Chicago Bears are set up to own this year’s NFL offseason

NFL, Justin Fields (Photo by Michael Reaves/Getty Images)
NFL, Justin Fields (Photo by Michael Reaves/Getty Images) /

The Chicago Bears are in an incredibly envious spot. If general manager Ryan Poles handles his assets well, look out in future years.

Biggest winner of Week 18? Ryan Poles.

Poles took the Chicago Bears general manager job last offseason, understanding the program wouldn’t truly begin until 2023. The last nine months have been about wanting to see significant development from quarterback Justin Fields, amassing draft capital and preserving cap space.

Check. Check. Check.

Then, Sunday happened.

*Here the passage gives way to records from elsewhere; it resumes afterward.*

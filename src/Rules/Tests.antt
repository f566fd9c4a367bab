-- ===== src/Rules/Tests.antt =====
-- A frustrated customer with a full cart in an active session.
use wince_backend.Prelude.{◌≡◌, refl, some}
use wince_backend.Types.{price_reduction, in_shop}
use wince_backend.Rules.{RuleResult, CustomerFeatures, intervention, evaluate, evaluate_in_shop}
use wince_backend.Rules.Laws.{IsPermitted, evaluate-IsPermitted}
use wince_backend.Fixture.{policy, event}

abbrev features : CustomerFeatures
features = record { abandonment_rate_7d = 800000; avg_cart_value_30d = 5000 }

abbrev result : RuleResult
result = record { channel = in_shop; type = price_reduction; value = 1500; confidence = 850000 }

recommends : evaluate event features (some policy) ≡ intervention result
unfolding evaluate evaluate_in_shop
recommends = refl

evaluate-IsPermitted_example : IsPermitted event (some policy) result
evaluate-IsPermitted_example = evaluate-IsPermitted event features (some policy) result recommends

The Houston Texans beat the Indianapolis Colts, right as the Bears were losing their finale to the Minnesota Vikings.

Incredibly, Chicago owns the No. 1 overall pick in the 2023 NFL Draft.

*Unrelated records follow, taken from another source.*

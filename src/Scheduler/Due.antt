-- ===== src/Scheduler/Due.antt =====
-- What a poll of the evaluation queue takes, leaves and loses, and what a purchase clears.
use Prim.Native.String.{String}
use wince_backend.Prelude.{
  ℕ, suc, ◌≡◌, refl, sym, ap, ◌∙◌, none, ℤ, Bool, true, not, List, [], ◌∷◌, map, filter, any, take,
  arith, filter-not-of_nil, filter_all, int_eq_refl,
}
use wince_backend.Redis.{
  Redis, Entry, in_range, is_member, eval_queue, active_risk, risk_user, user_sessions,
}
use wince_backend.World.{World}
use wince_backend.World.Monad.{ok, ◌>>=◌}
use wince_backend.Scheduler.{pop_limit, pop_due, zrem_all, clear_user_sessions}

module _ (R : Redis) where
  abbrev pub queue : World R → List Entry
  queue w = R.zset eval_queue w.store

  abbrev pub due : World R → List Entry
  due w = filter (in_range 0 w.now) (queue w)

  -- With Redis reachable, a poll returns the first hundred due sessions, and what it leaves in
  -- the queue is every entry that is not due.
  pub pop_due_lem :
      (w : World R)
      → w.redis_up w.redis_calls ≡ true
      → w.redis_up (suc w.redis_calls) ≡ true
      → ((pop_due R w).0 ≡ ok (map (λ e. e.member) (take pop_limit (due w))))
        × (queue (pop_due R w).1 ≡ filter (λ e. not (in_range 0 w.now e)) (queue w))
  unfolding pop_due ◌>>=◌
  pop_due_lem w up up' = ground (
    arith,
    R.zset-zrem_range eval_queue eval_queue 0 w.now w.store,
    filter-not-of_nil (in_range 0 w.now) (queue w),
  )

  abbrev pub is_one_of : List String → Entry → Bool
  is_one_of sids e = any (λ m. is_member m e) sids

  filter-filter :
      (sids : List String) (m : String) (l : List Entry)
      → filter (λ e. not (is_one_of sids e)) (filter (λ e. not (is_member m e)) l)
        ≡ filter (λ e. not (is_one_of (m ∷ sids) e)) l
  filter-filter sids m [] = refl
  filter-filter sids m (e ∷ l) = ground (arith, filter-filter sids m l)

  queue-zrem_all :
      (sids : List String) (s : R.Store)
      → R.zset eval_queue (zrem_all R sids s)
        ≡ filter (λ e. not (is_one_of sids e)) (R.zset eval_queue s)
  queue-zrem_all [] s = sym (filter_all (R.zset eval_queue s))
  queue-zrem_all (m ∷ sids) s =
      queue-zrem_all sids (R.zrem eval_queue m s)
      ∙ ap (filter (λ e. not (is_one_of sids e))) (R.zset-zrem eval_queue eval_queue m s)
      ∙ filter-filter sids m (R.zset eval_queue s)

  -- With Redis reachable, a purchase takes exactly the sessions of the user's index out of the
  -- evaluation queue, and leaves neither the index nor the user's risk score.
  pub clear_user_sessions_lem :
      (show_id : ℤ → String) (w : World R) (user_id : ℤ) (store_id : ℕ)
      → w.redis_up w.redis_calls ≡ true
      → w.redis_up (suc w.redis_calls) ≡ true
      → let w' = (clear_user_sessions R show_id user_id store_id w).1 in
        let sids = map (λ e. e.member) (R.zset (user_sessions user_id) w.store) in
        (queue w' ≡ filter (λ e. not (is_one_of sids e)) (queue w))
        × (R.get w.now (risk_user user_id) w'.store ≡ none)
        × (R.zset (user_sessions user_id) w'.store ≡ [])
  unfolding clear_user_sessions ◌>>=◌
  clear_user_sessions_lem show_id w user_id store_id up up' =
      let sids = map (λ (e : Entry). e.member) (R.zset (user_sessions user_id) w.store) in
      let s1 = zrem_all R sids w.store in
      let s2 = R.del (risk_user user_id) s1 in
      let s3 = R.zrem (active_risk store_id) (show_id user_id) s2 in
      (
        ground (
          arith,
          queue-zrem_all sids w.store,
          R.zset-del (risk_user user_id) eval_queue s1,
          R.zset-zrem (active_risk store_id) eval_queue (show_id user_id) s2,
          R.zset-del (user_sessions user_id) eval_queue s3,
        ),
        ground (
          arith,
          int_eq_refl user_id,
          R.get-del w.now (risk_user user_id) (risk_user user_id) s1,
          R.get-zrem w.now (active_risk store_id) (risk_user user_id) (show_id user_id) s2,
          R.get-del w.now (user_sessions user_id) (risk_user user_id) s3,
        ),
        ground (
          arith,
          int_eq_refl user_id,
          R.zset-del (user_sessions user_id) (user_sessions user_id) s3,
        ),
      )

Poles now has the ultimate scenario. The Bears have a league-high $118 million in projected cap space, more than $45 million than anybody else. Chicago will be able to fill myriad holes along the roster, all while holding the first-overall pick.

This brings us to the decision Poles will face in the coming months. Does he hold onto the choice and draft an elite defensive talent such as Alabama edge rusher Will Anderson, or shop the selection to a quarterback-needy team to land a haul?

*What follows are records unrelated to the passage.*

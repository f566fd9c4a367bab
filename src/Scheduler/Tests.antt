-- ===== src/Scheduler/Tests.antt =====
-- A queue with one session that is due and one that is not.
use Prim.Native.String.{String}
use wince_backend.Prelude.{ℤ, pos, ◌≡◌, refl, not, none, [], map, filter, take}
use wince_backend.Redis.{eval_queue, in_range, user_sessions, risk_user}
use wince_backend.Redis.Memory.{memory, empty}
use wince_backend.World.{World}
use wince_backend.World.Monad.{ok}
use wince_backend.Scheduler.{pop_due, pop_limit, clear_user_sessions}
use wince_backend.Scheduler.Due.{queue, due, is_one_of, pop_due_lem, clear_user_sessions_lem}
use wince_backend.Fixture.{world}

abbrev waiting : World memory
waiting = record world {
  store =
      memory.zadd (user_sessions (pos 42)) 0 "s1"
        (memory.zadd eval_queue 9000 "s2" (memory.zadd eval_queue 1500 "s1" empty));
}

pop_due_lem_example :
    ((pop_due memory waiting).0 ≡ ok (map (λ e. e.member) (take pop_limit (due memory waiting))))
    × (queue memory (pop_due memory waiting).1
        ≡ filter (λ e. not (in_range 0 waiting.now e)) (queue memory waiting))
pop_due_lem_example = pop_due_lem memory waiting refl refl

abbrev show_id : ℤ → String
show_id _ = "42"

clear_user_sessions_lem_example :
    let w' = (clear_user_sessions memory show_id (pos 42) 1 waiting).1 in
    let sids = map (λ e. e.member) (memory.zset (user_sessions (pos 42)) waiting.store) in
    (queue memory w' ≡ filter (λ e. not (is_one_of memory sids e)) (queue memory waiting))
    × (memory.get waiting.now (risk_user (pos 42)) w'.store ≡ none)
    × (memory.zset (user_sessions (pos 42)) w'.store ≡ [])
clear_user_sessions_lem_example =
    clear_user_sessions_lem memory show_id waiting (pos 42) 1 refl refl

Consider what recent quarterback-centric trades involving top-three picks have netted.

In 2016, the Los Angeles Rams moved up from No. 15 to the top choice, sending a pair of first, second, and third-round picks to the Tennessee Titans for Jared Goff.

That same year, the Philadelphia Eagles went from No. 8 to the second-overall pick, relinquishing two first-rounders, along with second, third and fourth-round choices to the Cleveland Browns, eventually landing Carson Wentz.

Finally, in 2020, the San Francisco 49ers moved up nine spots from the No. 12 overall choice for Trey Lance, giving the Miami Dolphins three first-round selections and a third-rounder.

If Poles can get anything resembling those packages — and they should be the opening asking price — the Bears would be wise to accept.

Additionally, while there will be a temptation to go wild in free agency, Chicago should exercise discretion. The free-agent class is weak compared to most classes, with the top non-quarterback targets including defensive tackles Da’Ron Payne and Javon Hargrave, and defensive backs James Bradberry and C.J. Gardner-Johnson.

Regardless, this is a moment for Poles and the Bears’ franchise. They can resurrect a team that, since 2018, has been defined by the whiff of Mitchell Trubisky. Now, Chicago has its quarterback in a way it hasn’t since the halcyon days of Jim McMahon in the mid-’80s.

For Poles, the job begins in earnest. Soldier Field may fall quiet for the next eight months, but the work of paramount importance begins at Halas Hall.

There, the Bears will make moves defining them for years to come.